The special nuance here is that the women in this study had previously received trastuzumab as part of their treatment in the past. So when you see a drug being "resurrected" and successful in a re-treatment situation and producing such dramatic improvements, that is doubly exciting.
As I frequently do in these reports, I try to impart a sense of where this is going to go and when it will get there.

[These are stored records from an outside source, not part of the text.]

-- ===== src/System/Wire/Steps.antt =====
-- One step of the management process and the SSC.
use pi_ssc_ssd_ssa.Common.{ℕ, ◌+◌, ◌≡◌, refl, true, some, every-get_elem?}
use pi_ssc_ssd_ssa.Public.{Entry}
use pi_ssc_ssd_ssa.Public.Message.{mac_entry}
use pi_ssc_ssd_ssa.Hlist.{Hlist}
use pi_ssc_ssd_ssa.MsgList.{ListHead}
use pi_ssc_ssd_ssa.Pi.Db.{Env}
use pi_ssc_ssd_ssa.Pi.Receive.{MsgQueue}
use pi_ssc_ssd_ssa.Ssc.Comm.{Platform}
use pi_ssc_ssd_ssa.Ssc.Process.{
  Event, connect, read, read_failed, notified, sync, looked, Process, step,
}
use pi_ssc_ssd_ssa.Ssc.Process.Alive.{can_come, step-IsSscDb}
use pi_ssc_ssd_ssa.System.Wire.{
  WireEvent, pi_polled, pi_handled, pi_called, ds_begun, ds_sent, ssc_connected, ssc_read,
  ssc_read_failed, ssc_notified, ssc_synced, ssc_looked, Wire, to_ssc, ssc_read_step, wire_step,
}
use pi_ssc_ssd_ssa.System.Wire.Sent.{step-CanPi}
use pi_ssc_ssd_ssa.System.Wire.Kinds.{can_ssc, IsWire}
use pi_ssc_ssd_ssa.System.Wire.HostSteps.{
  CanWire, Steps, polled-Steps, handled-Steps, called-Steps, ds_begun-Steps, ds_sent-Steps,
}

module _ (H : Hlist Entry) (L : ListHead MsgQueue) (env : Env) (platform : Platform) where
  -- The SSC goes on.
  ssc_step :
      (e : Event) (s : Wire H L) (n : ℕ)
      → env.mem ≡ true
      → IsWire H L s
      → can_come H env platform e s.process ≡ true
      → (p : Process H) × (step H env platform e s.process ≡ some p)
        × IsWire H L (record s { process = p; read_by_ssc = n })
  ssc_step e s n mem v ok =
      let (p, run, w) = step-IsSscDb H env platform e s.process mem v.db_ok ok in
      (
        p,
        run,
        record {
          host_ok = v.host_ok;
          db_ok = w;
          pi_can = step-CanPi H env platform e s.process p v.pi_can run;
          ssc_can = v.ssc_can;
          ds_can = v.ds_can;
        },
      )

  ssc_read-Steps :
      (skip : ℕ) (s : Wire H L)
      → env.mem ≡ true
      → IsWire H L s
      → CanWire H L env platform (ssc_read skip) s
      → Steps H L env platform (ssc_read skip) s
  unfolding wire_step ssc_read_step can_ssc
  ssc_read-Steps skip s mem v (connected, m, there) =
      let can = every-get_elem? can_ssc (to_ssc H L s) _ m v.ssc_can there in
      let ok : can_come H env platform (read m) s.process ≡ true = rw connected can in
      let (p, run, w) = ssc_step (read m) s (s.read_by_ssc + skip + 1) mem v ok in
      (_, simp (there, run), w)

  -- An event that can come is dealt with.
  pub step-IsWire :
      (e : WireEvent) (s : Wire H L)
      → env.mem ≡ true
      → IsWire H L s
      → CanWire H L env platform e s
      → Steps H L env platform e s
  unfolding wire_step
  step-IsWire (pi_polled mem a from) s _ v ok = polled-Steps H L env platform mem a from s v ok
  step-IsWire (pi_handled e create) s _ v ok = handled-Steps H L env platform e create s v
  step-IsWire (pi_called e net junk cmd) s _ v ok =
      called-Steps H L env platform e net junk cmd s v ok
  step-IsWire (ds_begun junk) s _ v ok = ds_begun-Steps H L env platform junk s v ok
  step-IsWire (ds_sent net k) s _ v ok = ds_sent-Steps H L env platform net k s v ok
  step-IsWire (ssc_connected opened create) s mem v ok =
      let (p, run, w) = ssc_step (connect opened create) s s.read_by_ssc mem v ok in
      (record s { process = p }, simp run, w)
  step-IsWire (ssc_read skip) s mem v ok = ssc_read-Steps skip s mem v ok
  step-IsWire (ssc_read_failed opened) s mem v ok =
      let (p, run, w) = ssc_step (read_failed opened) s s.read_by_ssc mem v ok in
      (record s { process = p }, simp run, w)
  step-IsWire (ssc_notified e) s mem v ok =
      let (p, run, w) = ssc_step (notified (mac_entry e)) s s.read_by_ssc mem v refl in
      (record s { process = p }, simp run, w)
  step-IsWire (ssc_synced k) s mem v ok =
      let (p, run, w) = ssc_step (sync k) s s.read_by_ssc mem v ok in
      (record s { process = p }, simp run, w)
  step-IsWire ssc_looked s mem v ok =
      let (p, run, w) = ssc_step looked s s.read_by_ssc mem v ok in
      (record s { process = p }, simp run, w)
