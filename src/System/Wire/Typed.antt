-- ===== src/System/Wire/Typed.antt =====
-- Each message on the wire between the management process and the SSC is one that its reader can
-- handle.
use pi_ssc_ssd_ssa.Common.{ℕ, ◌≡◌, refl, sym, ◌∙◌, true, false, some, [], every}
use pi_ssc_ssd_ssa.Public.{Entry}
use pi_ssc_ssd_ssa.Hlist.{Hlist}
use pi_ssc_ssd_ssa.MsgList.{ListHead}
use pi_ssc_ssd_ssa.Pi.Db.{Env}
use pi_ssc_ssd_ssa.Pi.Receive.{MsgQueue}
use pi_ssc_ssd_ssa.Pi.Server.{Fd}
use pi_ssc_ssd_ssa.Pi.Process.Alive.{at_start, start-IsHost}
use pi_ssc_ssd_ssa.Ssc.Db.{SscDb, ssc_db_init}
use pi_ssc_ssd_ssa.Ssc.Comm.{Platform}
use pi_ssc_ssd_ssa.Ssc.Invariant.{ssc_db_init-IsSscDb}
use pi_ssc_ssd_ssa.Ssc.Process.{connecting}
use pi_ssc_ssd_ssa.System.Wire.{WireEvent, Wire, wire_step}
use pi_ssc_ssd_ssa.System.Wire.Kinds.{IsWire}
use pi_ssc_ssd_ssa.System.Wire.HostSteps.{CanWire}
use pi_ssc_ssd_ssa.System.Wire.Steps.{step-IsWire}

module _ (H : Hlist Entry) (L : ListHead MsgQueue) where
  -- Both processes at their starts, before they are connected; `db` holds the zeros of the globals of
  -- the SSC.
  abbrev pub at_first : ℕ → Fd → SscDb H → Wire H L
  at_first sock_fd junk db = record {
    host = at_start H L sock_fd junk;
    process = record {
      ssc = record {
        db = ssc_db_init H db;
        ds_is_end = false;
        waiting = 0;
        to_ssd = [];
        to_pi = [];
      };
      link = connecting;
      threads = [];
    };
    read_by_pi = 0;
    read_by_ssc = 0;
    ds = [];
  }

  first-IsWire : (sock_fd : ℕ) (junk : Fd) (db : SscDb H) → IsWire H L (at_first sock_fd junk db)
  unfolding every
  first-IsWire sock_fd junk db = record {
    host_ok = start-IsHost H L sock_fd junk;
    db_ok = ssc_db_init-IsSscDb H db;
    pi_can = refl;
    ssc_can = refl;
    ds_can = refl;
  }

  module _ (env : Env) (platform : Platform) where
    -- The states that a sequence of events leads to, each of which can come where it does.
    pub data Reach (s : Wire H L) : Wire H L → Type 0 where
      start : Reach s s
      after :
          {t u : Wire H L}
          → Reach s t
          → (e : WireEvent) → CanWire H L env platform e t
          → wire_step H L env platform e t ≡ some u
          → Reach s u

    reached-IsWire : (s u : Wire H L) → env.mem ≡ true → IsWire H L s → Reach s u → IsWire H L u
    reached-IsWire s u mem v start = v
    reached-IsWire s u mem v (after {t = t} path e ok run) =
        let (r, run', v') =
          step-IsWire H L env platform e t mem (reached-IsWire s t mem v path) ok in
        let same : some r ≡ some u = sym run' ∙ run in let eq : r ≡ u = cc in rw (← eq) v'

    -- Let the management process and the SSC start, with memory in the SSC. In whatever order their
    -- threads go on, commands come in (with memory for their messages), line cards send notices, and
    -- connections are made and lost, while each process reads messages that the other has written, of
    -- which some may be lost, and no round of the server finds each place taken: in each state that is
    -- reached both processes are in order, each message that the SSC has written is one that the
    -- management process can handle, and each message that the management process has written, or one
    -- of its threads is still to send, is one that the SSC can handle; and each event that can come
    -- next is dealt with.
    pub wire-goes_on :
        (sock_fd : ℕ) (junk : Fd) (db : SscDb H) (s : Wire H L) (e : WireEvent)
        → env.mem ≡ true
        → Reach (at_first sock_fd junk db) s
        → CanWire H L env platform e s
        → IsWire H L s
          × (s' : Wire H L) × (wire_step H L env platform e s ≡ some s')
          × Reach (at_first sock_fd junk db) s'
    wire-goes_on sock_fd junk db s e mem path ok =
        let v =
          reached-IsWire (at_first sock_fd junk db) s mem (first-IsWire sock_fd junk db) path in
        let (s', run, v') = step-IsWire H L env platform e s mem v ok in
        (v, s', run, after path e ok run)
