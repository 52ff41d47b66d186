-- ===== src/Table/Replay.antt =====
-- A table through any sequence of operations, as a function from the keys to the entries.
use pi_ssc_ssd_ssa.Common.{ℕ, ◌≡◌, refl, Bool, Option, none, some, List, [], ◌∷◌, if◌then◌else◌}
use mathlib.Core.Path.{fun_ext}
use pi_ssc_ssd_ssa.Public.{Entry, Key, key_of}
use pi_ssc_ssd_ssa.Public.Compare.{memcmp_key, IsPlain}
use pi_ssc_ssd_ssa.Hlist.{Hlist}
use pi_ssc_ssd_ssa.Table.{Table, entries, empty_table, insert_hash_table, del_hash_entry}
use pi_ssc_ssd_ssa.Table.Chain.{lookup, is_some, merge, discard, hits}
use pi_ssc_ssd_ssa.Table.Place.{IsTable, empty_table-IsTable, empty_table-entries}
use pi_ssc_ssd_ssa.Table.Insert.{insert_hash_table-Inserted}
use pi_ssc_ssd_ssa.Table.Delete.{exact, del_hash_entry-Deleted}

-- The operations, each with the unset bytes of its hash.
pub data TableOp : Type 0 where
  insert : ℕ → Entry → TableOp
  delete : ℕ → Entry → TableOp

-- What the callers take a table for: under each key an entry, or none. An operation gives the map
-- after it and its result.
abbrev pub Map : Type 0
Map = Key → Option Entry

abbrev pub no_entries : Map
no_entries q = none

abbrev pub map_op : TableOp → Map → Map × Bool
map_op (insert junk e) m =
    (λ q. if memcmp_key q e then some (merge e (m q)) else m q, is_some (m (key_of e)))
map_op (delete junk e) m = (λ q. discard (exact e) (m q), hits (exact e) (m (key_of e)))

-- All the results, in order, and the map at the end.
unfoldable pub map_ops : List TableOp → Map → Map × List Bool
map_ops [] m = (m, [])
map_ops (op ∷ ops) m =
    let (m1, ret) = map_op op m in let (m2, rets) = map_ops ops m1 in (m2, ret ∷ rets)

-- The addresses to delete have no zero byte among their first five.
abbrev pub Plain : List TableOp → Type 0
Plain [] = Unit
Plain (insert junk e ∷ ops) = Plain ops
Plain (delete junk e ∷ ops) = IsPlain e.mac × Plain ops

module _ (H : Hlist Entry) where
  abbrev pub table_op : TableOp → Table H → Table H × Bool
  table_op (insert junk e) t = insert_hash_table H junk e t
  table_op (delete junk e) t = del_hash_entry H junk e t

  unfoldable pub table_ops : List TableOp → Table H → Table H × List Bool
  table_ops [] t = (t, [])
  table_ops (op ∷ ops) t =
      let (t1, ret) = table_op op t in let (t2, rets) = table_ops ops t1 in (t2, ret ∷ rets)

  -- The table as a map.
  abbrev pub view : Table H → Map
  view t q = lookup q (entries H t)

  -- A table in order stands for a map.
  pub record Stands (t : Table H) (m : Map) : Type 0 where
    pub table : IsTable H t
    pub reads : view t ≡ m

  -- The operation on the table and the one on the map agree in what they leave and give.
  abbrev Agree : TableOp → Table H → Map → Type 0
  Agree op t m = Stands (table_op op t).0 (map_op op m).0 × ((table_op op t).1 ≡ (map_op op m).1)

  insert-Agree :
      (junk : ℕ) (e : Entry) (t : Table H) (m : Map) → Stands t m → Agree (insert junk e) t m
  insert-Agree junk e t m s =
      let i = insert_hash_table-Inserted H junk e t s.table in
      rw (← s.reads) (record { table = i.table; reads = fun_ext i.reads }, i.found)

  delete-Agree :
      (junk : ℕ) (e : Entry) (t : Table H) (m : Map)
      → Stands t m
      → IsPlain e.mac
      → Agree (delete junk e) t m
  delete-Agree junk e t m s p =
      let d = del_hash_entry-Deleted H junk e t s.table p in
      rw (← s.reads) (record { table = d.table; reads = fun_ext d.reads }, d.found)

  -- The same of a sequence of operations.
  abbrev AllAgree : List TableOp → Table H → Map → Type 0
  AllAgree ops t m =
      Stands (table_ops ops t).0 (map_ops ops m).0 × ((table_ops ops t).1 ≡ (map_ops ops m).1)

  ops-AllAgree :
      (ops : List TableOp) (t : Table H) (m : Map) → Stands t m → Plain ops → AllAgree ops t m
  unfolding table_ops map_ops
  ops-AllAgree [] t m s p = (s, refl)
  ops-AllAgree (insert junk e ∷ ops) t m s p =
      let (s1, ret) = insert-Agree junk e t m s in
      let (s2, rets) = ops-AllAgree ops _ _ s1 p in (s2, cc (ret, rets))
  ops-AllAgree (delete junk e ∷ ops) t m s (plain, p) =
      let (s1, ret) = delete-Agree junk e t m s plain in
      let (s2, rets) = ops-AllAgree ops _ _ s1 p in (s2, cc (ret, rets))

  -- Begin with an empty table, and let any sequence of insertions and deletions come, in which the
  -- addresses to delete have no zero byte among their first five, whatever the unset bytes of the
  -- hashes hold. Then each operation gives the result that the map gives, and the table stays in order
  -- and reads as the map, under each key.
  pub table_ops-replay :
      (ops : List TableOp)
      → Plain ops
      → let (t, rets) = table_ops ops (empty_table H) in
        let (m, map_rets) = map_ops ops no_entries in
        IsTable H t × ((q : Key) → lookup q (entries H t) ≡ m q) × (rets ≡ map_rets)
  unfolding lookup
  table_ops-replay ops p =
      let start : Stands (empty_table H) no_entries = record {
        table = empty_table-IsTable H;
        reads = fun_ext (λ q. rw (empty_table-entries H) refl);
      } in
      let (s, rets) = ops-AllAgree ops (empty_table H) no_entries start p in
      (s.table, λ q. rw (← s.reads) refl, rets)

First, and specifically to T-DM1:
This is a large study, and it shows success in an area where there are few treatment options. Assuming the study is well done, and seeing that the overall survival is much better in the T-DM1 arm compared to the standard treatment arm, with much less toxicity, I would suspect that this drug is going to be moved forward fairly quickly.
In the meantime, I also suspect there will be a rush for women who need this drug to try to get it. Right now, that is up to the company to make those decisions. We live in a world where there is a compelling need to keep studies "clean" to demonstrate that drugs are not only effective, but that the companies can prove to the Food and Drug Administration that they actually prolong survival. Too rapid diffusion of an unapproved drug can defeat the chances that the FDA will be able to make such an approval which would vastly expand access to women who need this treatment.
The net result is that Genentech--the company responsible for this breakthrough--will make decisions to help as many women as they can, using clear criteria as to how they are going to do that.
But there is more to this story:
Beyond this one drug and its success lie other interesting questions that are starting to get traction in various circles of influence.
Maytansine is not a "one off" story of an old drug that was able to treat cancer but proved too toxic to be used in cancer chemotherapy programs. There are a number of such drugs. Is it possible that the technology savvy that made T-DM1 positive could be applied to other older drugs as well? Imagine the possibilities if that were the case. Then we really might be able to travel back to the future, and open up another whole new realm of possibilities to more effectively target cancer cells and reduce the side effects of even established treatments.
So the stuff of science fiction becomes today's reality. For those of you old enough to remember, think of the movie "Fantastic Voyage" where the scientists were shrunken into those little submarines and travelled through the body to view disease and repair the damage. We may not be sending ourselves into the blood stream just yet, but this new approach to an effective cancer treatment delivers the goods almost as effectively.
Who would have thought we could have made this happen? So excuse me now why I go try to find that Captain Midnight magic decoder ring I found in my cereal box lo those many, many years ago. Maybe it will give me the clue to the next great discovery from the past.